What you are asked to do — Reply with one number: the count of lines in the data that hold the string "keep".

[Saved data entries]
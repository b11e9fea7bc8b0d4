-- ===== src/Engine/Quietly/Waiting.antt =====
-- The lemmas on the waits of a state: their steps and their outcomes.
use hounds_ciai.Prelude.{
  ℕ, String, ◌≡◌, refl, Option, none, some, List, [], ◌∷◌, ◌==◌, string_eq, In, Bool-cases, inl,
  inr,
}
use hounds_ciai.Result.{Result, ok, err}
use hounds_ciai.Store.{Task}
use hounds_ciai.Engine.Steps.{Same}
use hounds_ciai.Engine.Runs.{
  Runs, Runs-pure, Runs-raise, Runs-or_raise, Runs-if, Runs-caught, Runs-bind, Runs-get_store,
  Runs-call, Runs-read, Runs-next, Runs-ask, Runs-ok,
}
use hounds_ciai.Config.Types.{Transition, Action, state_of}
use hounds_ciai.Exec.{AgentState, working, blocked, done, idle, unknown, PaneEvent}
use hounds_ciai.Engine.Monad.{
  World, Engine, M, attached, now, start_timer, state_deadline, blocked_bound, progress_bound,
  read_pane, events, Signal, context_done, state_timer, blocked_timer, progress_timer, stream_end,
  status_change, call, from_result, raise, pure,
}
use hounds_ciai.Engine.Merging.{Outcome}
use hounds_ciai.Engine.Waiting.{
  Armed, Wait, Round, finished, keep, progress_read_lines, entry_time, past_deadline, gate_failed,
  evaluate_gate_or_suspend, pane_moved, pane_digest, reset_progress, on_progress_timer,
  idle_verdict, idle_gate, on_idle, send_alert, on_blocked, on_status, on_event, state_timed_out,
  on_signal, unless_finished, wait_loop, remaining, arm_state_timer, blocked_bound_of, arm_progress,
  await_agent_state,
}
use hounds_ciai.Engine.Quietly.Writes.{Runs-statement_ok, Runs-alert, Runs-record_agent_status}
use hounds_ciai.Engine.Quietly.Gates.{
  Runs-evaluate_gate, Runs-try_decision_verdict, Runs-evaluate_done,
}
use hounds_ciai.Engine.Quietly.Leads.{
  Leads, find_timeout-In, Leads-to, Leads-branch, Leads-escalated,
}

module _ {W : Type 0} (ext : World W) (e : Engine) (o : Task) where
  abbrev Still : {A : Type 0} → M W A → Type 0
  Still m = Runs {W = W} e (Same o) (λ _. Unit {0}) m

  -- The transition is one of the state's.
  abbrev pub Declared : Transition → Type 0
  Declared t = In t (state_of e.wf o.current_state).transitions

  abbrev pub LeadsOn : Outcome → Type 0
  LeadsOn out = Leads e.wf o.current_state out

  parse_quiet : (d : String) → Still (hounds_ciai.Engine.Monad.parse e d)
  parse_quiet d = Runs-or_raise e (e.parse_duration d) _ (λ _ _. tt)

  entry_time_quiet : Still (entry_time ext)
  unfolding entry_time
  entry_time_quiet = Runs-read e _ λ task _.
      Runs-next e _ _ (Runs-statement_ok ext e attached)
        λ _. Runs-next e _ _ (Runs-get_store e) λ d. Runs-pure e _ tt

  past_deadline_quiet : (entry : Option ℕ) (d : ℕ) → Still (past_deadline ext entry d)
  unfolding past_deadline
  past_deadline_quiet none d = Runs-pure e _ tt
  past_deadline_quiet (some n) d = Runs-ask e ext now _ (λ _ _. tt) λ t. Runs-pure e _ tt

  gate_failed_leads :
      (t : Transition) → Declared t → Runs {W = W} e (Same o) LeadsOn (gate_failed ext e t)
  unfolding gate_failed
  gate_failed_leads t m = Runs-next e _ _ (parse_quiet _) λ d.
      Runs-next e _ _ entry_time_quiet λ entry.
        Runs-next e _ _ (past_deadline_quiet entry d) λ late.
          Runs-if e late _ _ (λ _. Runs-pure e _ (Leads-to e.wf o.current_state t "timeout" "" m))
            (λ _. Runs-raise e _)

  pub Runs-evaluate_gate_or_suspend :
      (g t : Transition)
      → Declared g
      → Declared t
      → Runs {W = W} e (Same o) LeadsOn (evaluate_gate_or_suspend ext e g t)
  unfolding evaluate_gate_or_suspend
  Runs-evaluate_gate_or_suspend g t mg mt =
      Runs-next e _ _ (Runs-evaluate_gate ext e o g) λ verdict.
        Runs-if e _ _ _
          (λ _.
            Runs-pure e _ (Leads-branch e.wf o.current_state g "pass" "status.changed" "pass" mg))
          (λ _. gate_failed_leads t mt)

  pane_moved_quiet : (prev : Option String) → Still (pane_moved ext prev)
  unfolding pane_moved
  pane_moved_quiet prev = Runs-read e _ λ task _.
      Runs-if e _ _ _ (λ _. Runs-pure e _ tt)
        λ _.
          Runs-ask e ext (read_pane task.pane_id progress_read_lines) _ (λ _ _. tt)
            λ r. Runs-pure e _ tt

  pane_digest_quiet : Still (pane_digest ext)
  unfolding pane_digest
  pane_digest_quiet = Runs-read e _ λ task _.
      Runs-if e _ _ _ (λ _. Runs-pure e _ tt)
        λ _.
          Runs-ask e ext (read_pane task.pane_id progress_read_lines) _ (λ _ _. tt)
            λ r. Runs-pure e _ tt

  reset_progress_quiet : Still (reset_progress ext e)
  unfolding reset_progress
  reset_progress_quiet =
      Runs-if e _ _ _ (λ _. Runs-call e ext (start_timer progress_bound e.no_progress) (λ _ _. tt))
        (λ _. Runs-pure e _ tt)

  -- A round that ends the wait leads along an edge.
  abbrev pub RoundLeads : Round → Type 0
  RoundLeads (finished out) = LeadsOn out
  RoundLeads (keep w) = Unit

  on_progress_timer_leads :
      (w : Wait) → Runs {W = W} e (Same o) RoundLeads (on_progress_timer ext e w)
  unfolding on_progress_timer
  on_progress_timer_leads w = Runs-next e _ _ (pane_moved_quiet _) λ m. Runs-read e _ λ task h.
      Runs-if e _ _ _ (λ _. Runs-next e _ _ reset_progress_quiet λ _. Runs-pure e _ tt)
        (λ _.
          Runs-pure e _
            (Leads-escalated e o.current_state task.current_state "no_progress" h.state))

  module _ (a : Armed) (done_in : Declared a.done_t) where
    idle_verdict_leads : (w : Wait) (v : Option String) → RoundLeads (idle_verdict ext a w v)
    unfolding idle_verdict
    idle_verdict_leads w none = tt
    idle_verdict_leads w (some v) =
        Leads-branch e.wf o.current_state a.done_t v "agent.done" v done_in

    idle_gate_leads : (w : Wait) (r : Result String) → RoundLeads (idle_gate ext a w r)
    unfolding idle_gate
    idle_gate_leads w (err x) = tt
    idle_gate_leads w (ok v) = elim (Bool-cases (v == "pass")) [
      | inl h ↦ rw h (Leads-branch e.wf o.current_state a.done_t v "agent.done" v done_in)
      | inr h ↦ rw h tt
    ]

    on_idle_leads : (w : Wait) → Runs {W = W} e (Same o) RoundLeads (on_idle ext e a w)
    unfolding on_idle
    on_idle_leads w =
        Runs-if e _ _ _
          (λ _.
            Runs-next e _ _ (Runs-try_decision_verdict ext e o _)
              λ v. Runs-pure e _ (idle_verdict_leads w v))
          λ _.
            Runs-if e _ _ _
              (λ _.
                Runs-bind e _ _ (Runs-caught e _ (Runs-evaluate_gate ext e o a.done_t))
                  λ r _. Runs-pure e _ (idle_gate_leads w r))
              (λ _. Runs-pure e _ tt)

    send_alert_quiet : (act : Option Action) → Still (send_alert ext act)
    unfolding send_alert
    send_alert_quiet none = Runs-pure e _ tt
    send_alert_quiet (some act) = Runs-alert ext e o act.alert

    on_blocked_leads : (w : Wait) → Runs {W = W} e (Same o) RoundLeads (on_blocked ext a w)
    unfolding on_blocked
    on_blocked_leads w = Runs-next e _ _ (send_alert_quiet _) λ _.
        Runs-if e _ _ _
          (λ _.
            Runs-ask e ext (start_timer blocked_bound a.blocked_for) _ (λ _ _. tt)
              λ _. Runs-pure e _ tt)
          (λ _. Runs-pure e _ tt)

    on_status_leads :
        (w : Wait) (s : AgentState) → Runs {W = W} e (Same o) RoundLeads (on_status ext e a w s)
    unfolding on_status
    on_status_leads w done =
        Runs-next e _ _ (Runs-evaluate_done ext e o a.done_t)
          λ v. Runs-pure e _ (Leads-branch e.wf o.current_state a.done_t v "agent.done" v done_in)
    on_status_leads w idle = on_idle_leads w
    on_status_leads w blocked = on_blocked_leads w
    on_status_leads w working = Runs-pure e _ tt
    on_status_leads w unknown = Runs-pure e _ tt

    on_event_leads :
        (w : Wait) (ev : PaneEvent) → Runs {W = W} e (Same o) RoundLeads (on_event ext e a w ev)
    unfolding on_event
    on_event_leads w ev = Runs-read e _ λ task _.
        Runs-if e _ _ _ (λ _. Runs-pure e _ tt)
          λ _.
            Runs-next e _ _
              (Runs-next e _ _ reset_progress_quiet λ _. Runs-record_agent_status ext e o _)
              λ _. on_status_leads w ev.state

    module _ (timeout_in : (t : Transition) → a.timeout_t ≡ some t → Declared t) where
      timed_out_leads :
          (w : Wait) (t : Option Transition)
          → ((u : Transition) → t ≡ some u → Declared u)
          → RoundLeads (state_timed_out ext w t)
      unfolding state_timed_out
      timed_out_leads w none m = tt
      timed_out_leads w (some t) m = Leads-to e.wf o.current_state t "timeout" "" (m t refl)

      on_signal_leads :
          (w : Wait) (x : Signal) → Runs {W = W} e (Same o) RoundLeads (on_signal ext e a w x)
      unfolding on_signal
      on_signal_leads w context_done = Runs-raise e _
      on_signal_leads w state_timer = Runs-pure e _ (timed_out_leads w a.timeout_t timeout_in)
      on_signal_leads w blocked_timer =
          Runs-if e _ _ _
            (λ _. Runs-read e _ λ task h.
              Runs-pure e _
                (Leads-escalated e o.current_state task.current_state "blocked_timeout" h.state))
            (λ _. Runs-pure e _ tt)
      on_signal_leads w progress_timer =
          Runs-if e _ _ _ (λ _. on_progress_timer_leads w) (λ _. Runs-pure e _ tt)
      on_signal_leads w stream_end = Runs-raise e _
      on_signal_leads w (status_change ev) = on_event_leads w ev

      unless_finished_leads :
          (rest : Wait → M W Outcome) (r : Round)
          → RoundLeads r
          → ((w : Wait) → Runs {W = W} e (Same o) LeadsOn (rest w))
          → Runs {W = W} e (Same o) LeadsOn (unless_finished ext rest r)
      unfolding unless_finished
      unless_finished_leads rest (finished out) q k = Runs-pure e out q
      unless_finished_leads rest (keep w) q k = k w

      wait_loop_leads :
          (xs : List Signal) (w : Wait) → Runs {W = W} e (Same o) LeadsOn (wait_loop ext e a xs w)
      unfolding wait_loop
      wait_loop_leads [] w = Runs-raise e _
      wait_loop_leads (x ∷ xs) w =
          Runs-bind e _ _ (on_signal_leads w x)
            λ r q. unless_finished_leads (wait_loop ext e a xs) r q (wait_loop_leads xs)

  remaining_quiet : (entry : Option ℕ) (d : ℕ) → Still (remaining ext entry d)
  unfolding remaining
  remaining_quiet none d = Runs-pure e _ tt
  remaining_quiet (some n) d = Runs-ask e ext now _ (λ _ _. tt) λ t. Runs-pure e _ tt

  arm_state_timer_quiet : (t : Option Transition) → Still (arm_state_timer ext e t)
  unfolding arm_state_timer
  arm_state_timer_quiet none = Runs-pure e _ tt
  arm_state_timer_quiet (some t) = Runs-next e _ _ (parse_quiet _) λ d.
      Runs-next e _ _ entry_time_quiet λ entry.
        Runs-next e _ _ (remaining_quiet entry d)
          λ left. Runs-call e ext (start_timer state_deadline left) (λ _ _. tt)

  arm_progress_quiet : Still (arm_progress ext e)
  unfolding arm_progress
  arm_progress_quiet =
      Runs-if e _ _ _
        (λ _. Runs-next e _ _ pane_digest_quiet λ d.
          Runs-ask e ext (start_timer progress_bound e.no_progress) _ (λ _ _. tt)
            λ _. Runs-pure e _ tt)
        (λ _. Runs-pure e _ tt)

  pub Runs-await_agent_state :
      (t : Transition)
      → Declared t
      → Runs {W = W} e (Same o) LeadsOn (await_agent_state ext e (state_of e.wf o.current_state) t)
  unfolding await_agent_state blocked_bound_of
  Runs-await_agent_state t m = Runs-next e _ _ (arm_state_timer_quiet _) λ _.
      Runs-next e _ _ (Runs-if e _ _ _ (λ _. Runs-pure e _ tt) (λ _. parse_quiet _)) λ bound.
        Runs-next e _ _ arm_progress_quiet λ digest.
          Runs-ask e ext events _ (λ _ _. tt)
            λ reply. Runs-ok e reply _ λ signals.
              wait_loop_leads _ m (find_timeout-In (state_of e.wf o.current_state)) signals _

Answer to this exercise — 3